Aharon Varady, ℅ The Open Siddur Project,  727 Red Bud Ave., Cincinnati, OH 45229.

Only DMCA notices and notices relating to complaints in connection with infringement of intellectual property rights should go to the Copyright Agent. Any other feedback, comments, requests for technical support and other communications should be addressed to our standard support contacts as identified on this Website.

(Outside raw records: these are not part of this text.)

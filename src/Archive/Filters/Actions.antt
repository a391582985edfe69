-- ===== src/Archive/Filters/Actions.antt =====
-- What the user and the router do to the filters (components/archive/ArchiveWorkspace.tsx).
use clip_to_doc_archive.Prelude.Int.{ℤ}
use clip_to_doc_archive.Json.{Number}
use clip_to_doc_archive.Archive.Presets.{PresetPayload}
use clip_to_doc_archive.Prelude.{ℕ, Option, List, [], ◌∷◌, nat_eq, list_eq}
use clip_to_doc_archive.Text.{Text}
use clip_to_doc_archive.Archive.Filters.{
  Filters, SearchParams, apply_payload, apply_search, cleared, from_search_params, next_page,
  parse_sort_by, parse_sort_order, previous_page, select_category, select_month, select_year,
  toggle_column_sort,
}

-- What the user and the router do to the filters.
pub data Action : Type 0 where
  address_changed : SearchParams → Action
  filters_cleared : Action
  preset_applied : PresetPayload → Action
  column_sorted : Text → Action
  search_typed : Text → Action
  search_pressed : Action
  category_chosen : Text → Action
  year_chosen : Text → ℤ → Action
  month_chosen : Text → ℤ → ℤ → Action
  status_chosen : Text → Action
  field_chosen : Text → Action
  order_chosen : Text → Action
  size_chosen : ℕ → Action
  previous_pressed : Action
  next_pressed : (total : ℕ) → Action

unfoldable pub act : (Text → Option Number) → Filters → Action → Filters
unfolding from_search_params apply_payload toggle_column_sort select_category select_year
    select_month next_page
act number f (address_changed get) = from_search_params number get f
act number f filters_cleared = cleared
act number f (preset_applied p) = apply_payload p
act number f (column_sorted target) = toggle_column_sort target f
act number f (search_typed s) = record f { search_input = s }
act number f search_pressed = apply_search f
act number f (category_chosen c) = select_category c f
act number f (year_chosen c y) = select_year c y f
act number f (month_chosen c y m) = select_month c y m f
act number f (status_chosen s) = record f { review_status = s; page = 1 }
act number f (field_chosen s) = record f { sort_by = parse_sort_by s; page = 1 }
act number f (order_chosen s) = record f { sort_order = parse_sort_order s; page = 1 }
act number f (size_chosen n) = record f { page_size = n; page = 1 }
act number f previous_pressed = previous_page f
act number f (next_pressed total) = next_page total f

unfoldable pub run : (Text → Option Number) → Filters → List Action → Filters
unfolding act
run number f [] = f
run number f (a ∷ actions) = run number (act number f a) actions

WE CAUTION YOU THAT UNDER FEDERAL LAW, IF YOU KNOWINGLY MISREPRESENT THAT ONLINE CONTENT IS INFRINGING, YOU MAY BE SUBJECT TO HEAVY CIVIL PENALTIES. THESE INCLUDE MONETARY DAMAGES, COURT COSTS, AND ATTORNEYS FEES INCURRED BY US, BY ANY COPYRIGHT OWNER OR BY ANY COPYRIGHT OWNER’S LICENSEE THAT IS INJURED AS A RESULT OF OUR RELYING UPON YOUR MISREPRESENTATION. YOU MAY ALSO BE SUBJECT TO CRIMINAL PROSECUTION FOR PERJURY.

Notes

Notes
1For a definition of “publication” see e.g. Copyright Office circular, page 3. This modern definition is only valid for 1978 and later, as the 1909 Copyright Act did not explicitly define it, though the concepts were similar.
2Yaakov Avraham Cohen. Emeq Ha-Mishpat, Vol. 4: Zekhuyot Yotsrim (Valley Of The Law, Vol. 4: Copyright) (1999) (Hebrew)
3Ibid.
4Yitzhak Schmelkes, Beit Yitzhak, Yoreh De’ah, Pt. 5, No. 75 (Pyzemsyl 1875) (Hebrew)
5Ibid.
6Yisrael Meir Kagan. Ahavat Ḥesed (Loving Loving-kindness) Ch. 22 (1888).
7Find the article on “Cultural Rights” on wikipedia.
8Also find the article on “Syncretism” in Wikipedia.